Collected data =
↓

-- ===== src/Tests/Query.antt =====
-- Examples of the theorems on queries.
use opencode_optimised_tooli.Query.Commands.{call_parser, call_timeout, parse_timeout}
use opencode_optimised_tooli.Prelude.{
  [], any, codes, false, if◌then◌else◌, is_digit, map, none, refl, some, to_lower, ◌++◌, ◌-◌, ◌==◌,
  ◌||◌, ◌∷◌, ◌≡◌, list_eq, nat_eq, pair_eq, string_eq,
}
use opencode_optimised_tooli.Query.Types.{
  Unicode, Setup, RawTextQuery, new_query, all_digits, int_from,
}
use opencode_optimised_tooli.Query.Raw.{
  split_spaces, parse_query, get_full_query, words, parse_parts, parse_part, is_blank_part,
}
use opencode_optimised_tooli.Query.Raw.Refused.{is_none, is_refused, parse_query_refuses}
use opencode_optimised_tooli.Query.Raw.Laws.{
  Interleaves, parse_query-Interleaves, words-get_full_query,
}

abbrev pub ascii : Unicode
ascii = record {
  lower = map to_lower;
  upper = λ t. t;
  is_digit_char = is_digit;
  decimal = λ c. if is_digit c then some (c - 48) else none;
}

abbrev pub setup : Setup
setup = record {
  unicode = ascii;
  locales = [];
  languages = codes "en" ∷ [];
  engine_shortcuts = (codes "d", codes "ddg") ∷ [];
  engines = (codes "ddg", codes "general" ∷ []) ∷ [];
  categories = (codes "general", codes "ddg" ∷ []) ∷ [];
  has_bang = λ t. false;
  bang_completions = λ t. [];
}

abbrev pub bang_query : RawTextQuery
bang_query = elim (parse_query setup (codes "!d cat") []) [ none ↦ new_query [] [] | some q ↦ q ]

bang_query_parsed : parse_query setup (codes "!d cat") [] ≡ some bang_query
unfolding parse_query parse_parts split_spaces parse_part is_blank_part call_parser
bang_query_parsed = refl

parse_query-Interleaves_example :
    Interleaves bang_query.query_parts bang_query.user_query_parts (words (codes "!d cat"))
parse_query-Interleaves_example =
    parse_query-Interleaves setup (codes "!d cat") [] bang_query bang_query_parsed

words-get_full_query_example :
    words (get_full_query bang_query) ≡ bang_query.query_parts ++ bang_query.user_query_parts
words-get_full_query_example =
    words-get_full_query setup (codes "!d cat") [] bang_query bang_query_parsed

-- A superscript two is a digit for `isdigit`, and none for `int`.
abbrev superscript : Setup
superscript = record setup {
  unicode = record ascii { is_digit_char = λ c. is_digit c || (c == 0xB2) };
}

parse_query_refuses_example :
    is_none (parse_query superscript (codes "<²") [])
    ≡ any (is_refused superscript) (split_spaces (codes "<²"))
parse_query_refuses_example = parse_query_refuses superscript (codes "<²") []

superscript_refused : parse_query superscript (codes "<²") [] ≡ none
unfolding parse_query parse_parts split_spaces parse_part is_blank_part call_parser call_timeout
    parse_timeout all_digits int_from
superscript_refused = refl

↑

GOAL OF THE EXERCISE =
Verbatim reproduction is required for the line holding "parse_query_refuses_example = parse_query_refuses" and for every line after it in the records, with no other line included.

RESPONSE TO THIS EXERCISE =
parse_query_refuses_example = parse_query_refuses superscript (codes "<²") []

superscript_refused : parse_query superscript (codes "<²") [] ≡ none
unfolding parse_query parse_parts split_spaces parse_part is_blank_part call_parser call_timeout
    parse_timeout all_digits int_from
superscript_refused = refl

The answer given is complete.